------ INPUT DATA

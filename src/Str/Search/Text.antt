-- ===== src/Str/Search/Text.antt =====
-- str/strstr.hpp: what a test at one place says of the texts.
use apilib.Base.{ℕ, zero, suc, ◌≤◌, ◌<◌, ◌≡◌, inl, inr, refl, arith, List, [], ◌∷◌}
use apilib.Base.{true, false, ◌==◌, ◌||◌, Bool-cases, length, take, drop}
use apilib.Base.{take_all}
use apilib.Str.Len.{contents}
use apilib.Str.ChrCmp.{chrequ}
use apilib.Str.Compare.{equal_strings_n, strequ_n}

-- `n` characters compare as equal exactly if the first `n` characters of `s` are the contents of
-- `t`.
abbrev Agrees : ℕ → List ℕ → List ℕ → Type 0
Agrees n s t =
    (equal_strings_n chrequ n s t ≡ true → take n (contents s) ≡ contents t)
    × (take n (contents s) ≡ contents t → equal_strings_n chrequ n s t ≡ true)

Agrees-cons :
    (n c d : ℕ) (s t : List ℕ) → (d == 0) ≡ false → Agrees n s t → Agrees (suc n) (c ∷ s) (d ∷ t)
unfolding equal_strings_n chrequ contents
Agrees-cons n c d s t nz (to, from) = (ground (arith, nz, to), ground (arith, nz, from))

Agrees-nil : (n d : ℕ) (t : List ℕ) → (d == 0) ≡ false → Agrees (suc n) [] (d ∷ t)
unfolding equal_strings_n chrequ contents
Agrees-nil n d t nz = (ground (arith, nz), ground (arith, nz))

equal_strings_n-contents : (s t : List ℕ) (n : ℕ) → n ≡ length (contents t) → Agrees n s t
unfolding equal_strings_n chrequ contents
equal_strings_n-contents s [] zero e = (λ h. refl, λ h. refl)
equal_strings_n-contents s [] (suc n) e = absurd (omega arith)
equal_strings_n-contents s (d ∷ t) zero e = (ground (arith, e), λ h. refl)
equal_strings_n-contents [] (d ∷ t) (suc n) e = Agrees-nil n d t (ground (arith, e))
equal_strings_n-contents (c ∷ s) (d ∷ t) (suc n) e =
    Agrees-cons n c d s t (ground (arith, e)) (equal_strings_n-contents s t n (ground (arith, e)))

-- The test of the searches: `strequ_n` for the length of the second string, which is not empty.
pub strequ_n-contents :
    (p s2 : ℕ) (m : List ℕ)
    → 0 < p
    → 0 < s2
    → 0 < length (contents (drop s2 m))
    → (strequ_n p s2 (length (contents (drop s2 m))) m ≡ true
        → take (length (contents (drop s2 m))) (contents (drop p m)) ≡ contents (drop s2 m))
      × (take (length (contents (drop s2 m))) (contents (drop p m)) ≡ contents (drop s2 m)
          → strequ_n p s2 (length (contents (drop s2 m))) m ≡ true)
unfolding strequ_n
strequ_n-contents p s2 m there there2 some_text =
    let n = length (contents (drop s2 m)) in
    let guard : ((p == 0) || ((s2 == 0) || (n == 0))) ≡ false =
      ground (arith, there, there2, some_text) in
    elim (Bool-cases (p == s2)) [
      | inl same ↦
          let e : p ≡ s2 = ground (arith, same) in
          (λ h. rw e (take_all n (contents (drop s2 m)) (omega arith)), λ h. rw same)
      | inr other ↦ rw (other, guard) (equal_strings_n-contents (drop p m) (drop s2 m) n refl)
    ]

-- Within a string, the contents from a later place on are the rest of the contents.
pub contents-drop :
    (i : ℕ) (s : List ℕ) → i ≤ length (contents s) → contents (drop i s) ≡ drop i (contents s)
unfolding contents
contents-drop zero s h = refl
contents-drop (suc i) [] h = absurd (omega arith)
contents-drop (suc i) (c ∷ s) h =
    let rest = contents-drop i s in
    elim (Bool-cases (c == 0)) [
      | inl zero_char ↦ absurd (ground (arith, zero_char, h))
      | inr other ↦ rw other (rest (ground (arith, other, h)))
    ]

------------

> **PROBLEM**
Return the line that contains "equal_strings_n-contents (c ∷" along with every line after it through the end of the entries, exactly, adding nothing.

> **WRITTEN REPLY**
equal_strings_n-contents (c ∷ s) (d ∷ t) (suc n) e =
    Agrees-cons n c d s t (ground (arith, e)) (equal_strings_n-contents s t n (ground (arith, e)))

-- The test of the searches: `strequ_n` for the length of the second string, which is not empty.
pub strequ_n-contents :
    (p s2 : ℕ) (m : List ℕ)
    → 0 < p
    → 0 < s2
    → 0 < length (contents (drop s2 m))
    → (strequ_n p s2 (length (contents (drop s2 m))) m ≡ true
        → take (length (contents (drop s2 m))) (contents (drop p m)) ≡ contents (drop s2 m))
      × (take (length (contents (drop s2 m))) (contents (drop p m)) ≡ contents (drop s2 m)
          → strequ_n p s2 (length (contents (drop s2 m))) m ≡ true)
unfolding strequ_n
strequ_n-contents p s2 m there there2 some_text =
    let n = length (contents (drop s2 m)) in
    let guard : ((p == 0) || ((s2 == 0) || (n == 0))) ≡ false =
      ground (arith, there, there2, some_text) in
    elim (Bool-cases (p == s2)) [
      | inl same ↦
          let e : p ≡ s2 = ground (arith, same) in
          (λ h. rw e (take_all n (contents (drop s2 m)) (omega arith)), λ h. rw same)
      | inr other ↦ rw (other, guard) (equal_strings_n-contents (drop p m) (drop s2 m) n refl)
    ]

-- Within a string, the contents from a later place on are the rest of the contents.
pub contents-drop :
    (i : ℕ) (s : List ℕ) → i ≤ length (contents s) → contents (drop i s) ≡ drop i (contents s)
unfolding contents
contents-drop zero s h = refl
contents-drop (suc i) [] h = absurd (omega arith)
contents-drop (suc i) (c ∷ s) h =
    let rest = contents-drop i s in
    elim (Bool-cases (c == 0)) [
      | inl zero_char ↦ absurd (ground (arith, zero_char, h))
      | inr other ↦ rw other (rest (ground (arith, other, h)))
    ]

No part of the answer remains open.